The language they used, i.e. for “prosecution” or “legal proceedings,” is an unfunny joke. With litigation pending on every detainee, the latter provides the administration a loophole to bring those they have no intention of prosecuting into the U.S., without having to call it indefinite detention.

The bill deletes the requirement for the DHS to conduct a threat assessment of each detainee prior to their being brought into the U.S. Should the Supreme Court decide against the pending appeal made by the DOJ of the lower court’s decision concerning the Uighurs, we will come full circle back to the Real ID Act. Will the administration then state they may not immigrate because either they trained in terrorism or are associated with a terrorist organization? More likely, President Barack Obama will punt another national security decision to the judiciary branch by allowing known terrorists to immigrate to the U.S. under the guise of “rule of law” and “our core values.”
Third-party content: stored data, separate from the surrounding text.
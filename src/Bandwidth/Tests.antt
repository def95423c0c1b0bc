-- ===== src/Bandwidth/Tests.antt =====
-- Instances of the theorems on internal/bandwidth/bandwidth.go.
use aldea.Prelude.{◌≡◌, refl, [], ◌∷◌}
use aldea.Prelude.Int.{pos}
use aldea.Bandwidth.{portions, wait_n}

wait_n_run : wait_n (pos 4) (pos 10) ≡ 4 ∷ 4 ∷ 2 ∷ []
unfolding wait_n portions
wait_n_run = refl
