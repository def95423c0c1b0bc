-- ===== src/Chunker.antt =====
-- internal/chunker/chunker.go: a stream cut into indexed chunks with checksums, and put together
-- again. A byte is a number; `sha256` is a parameter. A reader is what it has left to give and
-- whether it then fails with an I/O error; a writer is a parameter of `reassemble`. The loop of
-- `Split` runs on fuel, `none` when that is spent; one round for each byte and one more suffice.
pub mod Split
pub mod Reassemble
mod Tests
use aldea.Prelude.{
  ℕ, zero, suc, ◌+◌, ◌*◌, ◌≡◌, Bool, true, false, not, ◌&&◌, Option, none, some, List, [], ◌∷◌,
  ◌++◌, if◌then◌else◌, ltb, leb, ◌==◌, length, take, drop, Result, ok, err,
}
use aldea.Prelude.Text.{bytes_eq}
use aldea.Prelude.Int.{ℤ, pos, ltb_ℤ, leb_ℤ, eqb_ℤ}

abbrev pub Bytes : Type 0
Bytes = List ℕ

abbrev pub default_chunk_size : ℕ
default_chunk_size = 1024 * 1024

pub record Chunk : Type 0 where
  pub index : ℤ
  pub content : Bytes
  pub hash : Bytes

pub data SplitError : Type 0 where
  read_failed : SplitError

pub data ReassembleError : Type 0 where
  invalid_chunk_sequence corrupted_chunk write_failed : ReassembleError

pub record Reader : Type 0 where
  pub remaining : Bytes
  pub fails : Bool

-- How a read ended: with the buffer full, at the end of the stream (`io.EOF` or
-- `io.ErrUnexpectedEOF`), or with another error.
pub data ReadEnd : Type 0 where
  full eof failed : ReadEnd

-- `io.ReadFull(r, buf)` for a buffer of `size` bytes: the bytes read, the reader, and the end.
unfoldable pub read_full : ℕ → Reader → Bytes × Reader × ReadEnd
read_full size r = (
  take size r.remaining,
  record r { remaining = drop size r.remaining },
  if leb size (length r.remaining) then full else if r.fails then failed else eof,
)

-- `chunkSize <= 0` asks for the default.
unfoldable pub effective_size : ℤ → ℕ
effective_size (pos n) = if n == 0 then default_chunk_size else n
effective_size _ = default_chunk_size

module _ (sha256 : Bytes → Bytes) where
  -- The chunks of the rounds to come, from index `index` on.
  unfoldable pub split_loop : ℕ → ℕ → ℕ → Reader → Option (Result SplitError (List Chunk))
  unfolding read_full
  split_loop zero size index r = none
  split_loop (suc fuel) size index r =
      let (read, r', end) = read_full size r in
      let here : List Chunk =
        if ltb 0 (length read)
        then record { index = pos index; content = read; hash = sha256 read } ∷ []
        else [] in
      let next_index : ℕ = if ltb 0 (length read) then index + 1 else index in
      elim end [
        | eof ↦ some (ok here)
        | failed ↦ some (err read_failed)
        | full ↦ elim (split_loop fuel size next_index r') [
          | none ↦ none
          | some (err e) ↦ some (err e)
          | some (ok later) ↦ some (ok (here ++ later))
        ]
      ]

  unfoldable pub split : Reader → ℤ → Option (Result SplitError (List Chunk))
  unfolding split_loop effective_size
  split r chunk_size = split_loop (length r.remaining + 1) (effective_size chunk_size) 0 r

  -- A write gives the writer after it, and whether it succeeded.
  module _ {W : Type 0} (write : W → Bytes → W × Bool) where
    -- The loop of `Reassemble` from position `i` on.
    unfoldable pub reassemble_from : ℕ → List Chunk → W → W × Option ReassembleError
    reassemble_from i [] w = (w, none)
    reassemble_from i (c ∷ cs) w =
        let (w', written) = write w c.content in
        let rest = reassemble_from (i + 1) cs w' in
        if not (eqb_ℤ c.index (pos i))
        then (w, some invalid_chunk_sequence)
        else if not (bytes_eq (sha256 c.content) c.hash)
        then (w, some corrupted_chunk)
        else if written
        then rest
        else (w', some write_failed)

    unfoldable pub reassemble : List Chunk → W → W × Option ReassembleError
    unfolding reassemble_from
    reassemble chunks w = reassemble_from 0 chunks w
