-- ===== src/Chunker/Split.antt =====
-- `Split` (internal/chunker/chunker.go): it ends, and what its chunks are.
use aldea.Prelude.{
  ℕ, zero, suc, ◌+◌, ◌≤◌, ◌<◌, ◌≡◌, refl, inl, inr, true, false, some, List, [], ◌∷◌, arith,
  if◌then◌else◌, ok, err, length, take, drop, length-take, length-drop, Bool-cases, leb, ltb,
}
use aldea.Prelude.Int.{ℤ, pos, negsuc}
use aldea.Chunker.{Bytes, Chunk, Reader, read_failed, effective_size, split_loop, split}

pub effective_size_pos : (n : ℤ) → 0 < effective_size n
unfolding effective_size
effective_size_pos (pos n) = ground arith
effective_size_pos (negsuc n) = omega arith

module _ (sha256 : Bytes → Bytes) (size : ℕ) where
  -- The chunks of a text from an index on: each holds the next `size` bytes, or at the end what is
  -- left, under its index and its checksum; none is empty.
  abbrev pub IsChunking : ℕ → Bytes → List Chunk → Type 0
  IsChunking i text [] = text ≡ []
  IsChunking i text (c ∷ cs) =
      (c.index ≡ pos i)
      × (c.content ≡ take size text)
      × (c.hash ≡ sha256 c.content)
      × (0 < length text)
      × IsChunking (i + 1) (drop size text) cs

  last_chunk :
      (i : ℕ) (text : Bytes)
      → length text < size
      → IsChunking i text (
          if ltb 0 (length (take size text))
          then record { index = pos i; content = take size text; hash = sha256 (take size text) }
            ∷ []
          else [])
  last_chunk i [] h = ground (arith, length-take {A = ℕ} size [])
  last_chunk i (b ∷ text) h = ground (arith, length-take size (b ∷ text), drop_all size (b ∷ text))
    where
      drop_all : (n : ℕ) (xs : Bytes) → length xs ≤ n → drop n xs ≡ []
      drop_all zero [] h = refl
      drop_all zero (x ∷ xs) h = absurd (omega arith)
      drop_all (suc n) [] h = refl
      drop_all (suc n) (x ∷ xs) h = drop_all n xs (omega arith)

  split_loop-IsChunking :
      (fuel i : ℕ) (text : Bytes)
      → 0 < size
      → length text < fuel
      → (cs : List Chunk) × (split_loop sha256 fuel size i
            (record { remaining = text; fails = false })
          ≡ some (ok cs))
        × IsChunking i text cs
  unfolding split_loop
  split_loop-IsChunking zero i text s h = absurd (omega arith)
  split_loop-IsChunking (suc fuel) i text s h = elim (Bool-cases (leb size (length text))) [
    | inl more ↦
        let (cs, e, k) =
          split_loop-IsChunking fuel (i + 1) (drop size text) s
            (ground (arith, length-drop size text)) in
        (
          record { index = pos i; content = take size text; hash = sha256 (take size text) } ∷ cs,
          ground (arith, more, length-take size text, e),
          (refl, refl, refl, ground arith, k),
        )
    | inr done ↦ (_, ground (arith, done), last_chunk i text (ground arith))
  ]

  split_loop_failing :
      (fuel i : ℕ) (text : Bytes)
      → 0 < size
      → length text < fuel
      → split_loop sha256 fuel size i (record { remaining = text; fails = true })
        ≡ some (err read_failed)
  unfolding split_loop
  split_loop_failing zero i text s h = absurd (omega arith)
  split_loop_failing (suc fuel) i text s h = ground (
    arith,
    length-drop size text,
    length-take size text,
    split_loop_failing fuel (i + 1) (drop size text) s,
  )

-- `Split` always ends. A stream that ends properly gives its chunking; one that breaks off gives
-- no chunks and an error.
pub split-IsChunking :
    (sha256 : Bytes → Bytes) (r : Reader) (chunk_size : ℤ)
    → (r.fails ≡ false
        → (cs : List Chunk) × (split sha256 r chunk_size ≡ some (ok cs))
          × IsChunking sha256 (effective_size chunk_size) 0 r.remaining cs)
      × (r.fails ≡ true → split sha256 r chunk_size ≡ some (err read_failed))
unfolding split
split-IsChunking sha256 r chunk_size = (
  λ e. rw e (
      split_loop-IsChunking sha256 size (length r.remaining + 1) 0 r.remaining pos_size
        (omega arith)),
  λ e. rw e (
      split_loop_failing sha256 size (length r.remaining + 1) 0 r.remaining pos_size (omega arith)),
)
  where
    size : ℕ
    size = effective_size chunk_size

    pos_size : 0 < size
    pos_size = effective_size_pos chunk_size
Update: Perhaps some are not seeing the significance of “legal proceedings.” President Obama has no intention of keeping the detention facilities at Guantanamo open one day longer than necessary. In line with Boumediene v Bush, federal judges are already adjudicating whether Gitmo’s detainees can lawfully be detained and ordered a number of them released (with few nations taking them). Beyond the current litigation, their lawyers have hundreds of briefs waiting to file as soon as the detainees arrive on U.S. soil on all those not prosecuted; the ACLU is salivating at the thought of getting their clients into immigration court.